Use a storage class backed by SSDs for best job throughput. Set storageClassName to select a specific class.

One-Job-Per-Pod Behavior

Each agent pod runs with --once passed to the agent startup script. This causes the agent to:

  1. Register with Azure DevOps
  2. Pick up exactly one job
  3. Deregister and exit cleanly

The operator detects completed pods (Succeeded or Failed phase), releases their PVCs, and deletes them. The reconcile loop then creates new pods to match minAgents or pending job demand.

This model prevents job queue pollution from long-lived agents and gives each job a clean environment.

Scale-to-Zero

Setting minAgents: 0 enables true scale-to-zero. When no jobs are pending:

  • All real agent pods are deleted
  • The operator registers an offline "dummy" agent in the pool

Azure DevOps queues jobs against the offline dummy agent rather than rejecting them as "no agents available". When a job is detected, the operator removes the dummy and scales up real agents.

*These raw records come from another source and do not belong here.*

-- ===== src/Delivery/Planner/Examples.antt =====
-- A message of a text and two images, on a platform that takes one image.
use luna_agent.Prelude.{
  ◌≤◌, ◌<◌, String, ◌≡◌, refl, ◌⊎◌, true, false, [], ◌∷◌, String_eq, length, All, map,
}
use luna_agent.Prelude.{lstrip, rstrip, strip, is_space}
use luna_agent.Conversation.Message.{MessagePart, OutboundMessage}
use luna_agent.Delivery.Planner.{
  PlatformCapabilities, normalize_artifact_kind, delivery_kind, unsupported_operation, plan_media,
  plan_part, plan_parts, text_content, plan,
}
use luna_agent.Delivery.Planner.Numbered.{Numbered, CanSend, attachments, plan_sound}

-- All that a plan calls.
program : Unit {0}
unfolding is_space lstrip rstrip strip normalize_artifact_kind delivery_kind unsupported_operation
    plan_media plan_part plan_parts text_content plan
program = tt

abbrev image_part : MessagePart Unit
image_part = record {
  type = "image";
  text = "";
  url = "";
  path = "";
  file_id = "";
  artifact_id = "a";
  name = "a.png";
  mime_type = "image/png";
  metadata = tt;
}

abbrev text_part : MessagePart Unit
text_part = record image_part { type = "text"; text = "look"; artifact_id = "" }

abbrev message : OutboundMessage Unit
message = record { parts = text_part ∷ image_part ∷ image_part ∷ [] }

abbrev one_image : PlatformCapabilities
one_image = record {
  image_send = true;
  file_send = false;
  audio_send = false;
  video_send = false;
  max_attachments = 1;
}

abbrev lower : String → String
lower text = text

kinds_of_plan :
    map (λ op. op.kind) (plan lower message one_image).operations ≡ "text" ∷ "image" ∷ "text" ∷ []
unfolding program
kinds_of_plan = refl

plan_sound_example :
    (0 < length (plan lower message one_image).operations)
    × Numbered 0 (plan lower message one_image).operations
    × All (CanSend one_image) (plan lower message one_image).operations
    × ((attachments (plan lower message one_image).operations ≤ one_image.max_attachments)
        ⊎ (one_image.max_attachments ≡ 0))
plan_sound_example = plan_sound lower message one_image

The dummy agent is an ADO agent object with no corresponding pod. It relies on the Azure DevOps queuing behavior for offline agents. Verify this works in your ADO organization before relying on it.

Resource Recommendations

Minimum per agent pod for a typical CI workload:

agentResources:
  requests:
    cpu: "500m"
    memory: "1Gi"
  limits:
    cpu: "2"
    memory: "4Gi"

For Docker-in-Docker or heavy builds, increase memory limits to 8-16 Gi.

Pod Placement

Use nodeSelector, tolerations, and affinity to place agents on dedicated build nodes:

spec:
  nodeSelector:
    kubernetes.io/os: linux
    node-role: build

  tolerations:
    - key: "build-only"
      operator: "Exists"
      effect: "NoSchedule"

Custom Agent Image

The operator uses the bundled agent image by default. To use a custom image:

spec:
  agentImage: "myregistry.azurecr.io/azp-agent:latest"
  imagePullSecrets:
    - name: registry-credentials

The image must include the Azure Pipelines agent startup script (start.sh or equivalent). The operator passes --once as a container argument, so the startup script must forward "$@" to run.sh.

Reference Dockerfile in docker/ for the bundled image.

Init Containers

Use initContainers to run setup steps before the agent container starts. Init containers share the pod's volumes:

spec:
  initContainers:
    - name: install-tools
      image: busybox
      command: ["sh", "-c", "cp /tools/* /shared/"]
      volumeMounts:
        - name: tools
          mountPath: /shared

Service Account

Assign a specific service account if agents need cluster API access:

spec:
  serviceAccountName: "azp-agent"

The service account must exist in the same namespace.

Observability

The operator exposes Prometheus metrics on the controller pod:

Metric Type Description
azp_active_agents Gauge Currently running agent pods
azp_pending_jobs Gauge Jobs waiting in the ADO queue
azp_available_pvc_slots Gauge Free PVC slots available for scale-up
azp_reconcile_errors_total Counter Reconcile errors by reason

All metrics carry pool and namespace labels.

Use these alongside standard Kubernetes pod metrics for capacity planning and alerting.

High Availability

The operator supports leader election for multi-replica deployments:

# Enable in the controller Deployment
--leader-elect=true

Only one replica is active at a time. Configure at least two replicas to avoid downtime during node failures.

Troubleshooting

Agents not scaling up

  1. Check the Available condition on the AgentPool: kubectl describe agentpool <name>
  2. Look for errors in controller logs: kubectl logs deploy/azure-devops-agent-operator-controller-manager
  3. Verify the PAT is valid and has the correct scope

PVC pending after scale-up

The PVC pool is pre-provisioned at maxAgents size. If PVCs remain Pending, the storage class may not have available capacity or the cluster lacks a default StorageClass. Specify storageClassName explicitly in cacheVolumes.

Dummy agent not accepting jobs

The offline dummy agent behavior depends on Azure DevOps queuing semantics. If jobs fail immediately instead of queuing, verify that your ADO organization queues work against offline agents by checking under Agent pools > Jobs in the ADO UI.

Pods evicted or OOMKilled

Increase agentResources.limits.memory. For Docker-in-Docker workloads, also check the DinD sidecar container limits.